# Source for Discount Corks Needed



## Grancru (Aug 17, 2012)

Does anyone have a source for discount corks? I need about 1000 to start bottling and prepare for grape season. I need a quality sufficient for up to 5 years aging.

You can reply directly @
[email protected]


----------



## Rocky (Aug 17, 2012)

Grancru, I have used these corks and I have been pleased so far. They are #9 x 1.75 inch. Great price. I should say I don't have anything that will be around in 5 years.

http://www.amazon.com/Premium-VS1-Agglomerated-Corks-1000-Count/dp/B002VFXY3C/ref=sr_1_2?ie=UTF8&qid=1345244851&sr=8-2&keywords=1000+wine+corks


----------



## rodo (Aug 17, 2012)

I just bought 1000 from Doug at Brew And Wine Supply (Who is an advertiser and a posting member of this forum). His price was as good as any I had found on the net PLUS he is offering a 10% discount right now.

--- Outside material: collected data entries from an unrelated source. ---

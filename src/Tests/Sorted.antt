-- ===== src/Tests/Sorted.antt =====
-- The sorted array of block changes, and both arrays behind one interface.
use macintosh_craft.Base.{◌≡◌, refl, true, false, some, List, [], ◌∷◌, arith}
use macintosh_craft.Base.Int.{pos, negsuc}
use macintosh_craft.Base.Array.{update}
use macintosh_craft.World.Changes.{Changes, Place, gap, blank, change_at, get_block_change}
use macintosh_craft.World.Sorted.{
  changed, store_sorted_change, get_sorted_change, shift_entries_right, binary_search_block_change,
  search_loop, compare_coords,
}
use macintosh_craft.World.Sorted.Search.{IsSorted}
use macintosh_craft.World.Sorted.Law
use macintosh_craft.World.Sorted.Edit
use macintosh_craft.World.Sorted.Change.{make_sorted_block_change}
use macintosh_craft.World.Sorted.Change.Fresh
use macintosh_craft.World.Blocks.{is_base_block}
use macintosh_craft.World.Section.{build_chunk_section_internal}
use macintosh_craft.World.Cache.{
  Cache, build_chunk_section, find_cache_entry, key_of, section_corner,
}
use macintosh_craft.World.Cache.Kept
use macintosh_craft.Tests.Data.{generator, empty_cache}
use macintosh_craft.Tests.Cache.{empty-IsKept}
use macintosh_craft.Base.{ℕ, zero, suc, ◌<◌, ◌≢◌, Bool-cases, inl, inr, none, if◌then◌else◌}
use macintosh_craft.World.Store.{Request, write_all, apply_requests, NoChests}
use macintosh_craft.World.Store.Arrays
use macintosh_craft.World.Store.Arrays.{unsorted_array, sorted_array, no_changes}

abbrev east : Place
east = record { x = pos 3; y = 64; z = pos 5 }

abbrev west : Place
west = record { x = negsuc 1; y = 70; z = pos 5 }

-- Dirt in the east.
abbrev east_only : Changes
east_only = record { entries = update (λ _. blank) 0 (change_at east 2); count = 1 }

east_only-IsSorted : IsSorted east_only
east_only-IsSorted = record { bounded = omega arith; ordered = λ i j h l. absurd (omega arith) }

-- Sand in the west comes first.
abbrev both : Changes
both = record {
  entries = update (update east_only.entries 1 (change_at east 2)) 0 (change_at west 6);
  count = 2;
}

stored_west : store_sorted_change false east_only west 6 ≡ changed both
unfolding store_sorted_change binary_search_block_change search_loop compare_coords
    shift_entries_right
stored_west = refl

store_sorted_change-law_example : IsSorted both × (get_sorted_change both west ≡ 6)
store_sorted_change-law_example =
    Law.store_sorted_change-law false east_only both west west 6 east_only-IsSorted stored_west

-- Dirt, sand, dirt again but as the terrain has it, and stone where the sand was.
abbrev requests : List Request
requests =
    record { is_base_block = false; place = east; block = 2 }
    ∷ record { is_base_block = false; place = west; block = 6 }
    ∷ record { is_base_block = true; place = east; block = 2 }
    ∷ record { is_base_block = false; place = west; block = 1 }
    ∷ []

requests-NoChests : NoChests 8 requests
unfolding NoChests
requests-NoChests = (omega arith, (omega arith, (omega arith, (omega arith, tt))))

arrays-refine_example :
    (s t : Changes) × (write_all (unsorted_array 8 (omega arith)) requests no_changes ≡ some s)
    × (write_all (sorted_array 8) requests no_changes ≡ some t)
    × ((q : Place)
        → (get_block_change 8 s q ≡ apply_requests requests (λ _. gap) q)
          × (get_sorted_change t q ≡ apply_requests requests (λ _. gap) q))
arrays-refine_example =
    Arrays.arrays-refine 8 (omega arith) requests requests-NoChests (omega arith)

both-IsSorted : IsSorted both
both-IsSorted =
    (Law.store_sorted_change-law false east_only both west west 6 east_only-IsSorted stored_west).0

both_without_chest : (i : ℕ) → i < 2 → (both.entries i).block ≢ 8
both_without_chest zero h e = omega arith
both_without_chest (suc zero) h e = omega arith
both_without_chest (suc (suc i)) h e = omega arith

get_sorted_change-linear_example : get_sorted_change both west ≡ get_block_change 8 both west
get_sorted_change-linear_example =
    Fresh.get_sorted_change-linear 8 both west both-IsSorted both_without_chest

-- Sand in the east, where there is dirt: the entry is changed, or removed if the terrain is sand.
abbrev sand_east : Changes
sand_east =
    if is_base_block generator east 6 then Edit.delete_at east_only 0 else Edit.set_at east_only 0 6

stored_sand :
    store_sorted_change (is_base_block generator east 6) east_only east 6 ≡ changed sand_east
unfolding store_sorted_change binary_search_block_change search_loop compare_coords
stored_sand = elim (Bool-cases (is_base_block generator east 6)) [
  | inl e ↦ rw e refl
  | inr e ↦ rw e refl
]

-- The section of the place is in the cache before.
abbrev cached : Cache
cached = (build_chunk_section generator east_only empty_cache (pos 0) 64 (pos 0)).1

build-make_sorted_block_change_example :
    let e = make_sorted_block_change generator [] east_only cached east 6 in
    (e.failed ≡ false)
    × (e.changes ≡ sand_east)
    × (find_cache_entry e.cache (key_of (section_corner (pos 3)) 64 (section_corner (pos 5)))
        ≡ none)
    × ((build_chunk_section generator e.changes e.cache
          (section_corner (pos 3))
          64
          (section_corner (pos 5))).0
        ≡ build_chunk_section_internal generator sand_east
            (section_corner (pos 3))
            64
            (section_corner (pos 5)))
build-make_sorted_block_change_example =
    Fresh.build-make_sorted_block_change generator [] east_only sand_east cached east 6
      (Kept.build_chunk_section-IsKept generator east_only empty_cache (pos 0) (pos 0) 64
        empty-IsKept)
      (omega arith) stored_sand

http://www.brewandwinesupply.com/


----------



## rodo (Aug 17, 2012)

Not quite as good as the price Rocky found though.


----------



## TonyP (Aug 18, 2012)

Five years is a long time in the life of a typical wine maker and 1,000 bottles is a lot of wine. It's good you're going out five years because drinking all that wine in 3 months would give you a buzz.

Seriously, 1,000 is a lot of corks and probably enough that you should consider buying directly from a manufacturer or distributor, particularly if producing 1,000 bottles is an annual occurrence. One possibility is Cork Supply USA: http://www.corksupply.com/our-company/company-profile.aspx .

I'm not an expert on corks and you probably know this already, but I'll say it anyway. All corks are not equal. When comparing prices, look at both size and quality. A longer cork adds extra protection, so there's some tradeoff you can do by getting a longer cork of somewhat less quality. Finally, if you go synthetic I believe you can store your bottles upright, which could make a difference with 1,000 bottles.

Tony P.


----------



## Brew and Wine Supply (Aug 18, 2012)

Not sure about getting corks form someplace that has a "legal disclaimer" in their description. The use of hydrogen peroxide to sanitise is another red flag, is peroxide good for wine making?
Here is some info on using Hydrogen peroxide in wine. 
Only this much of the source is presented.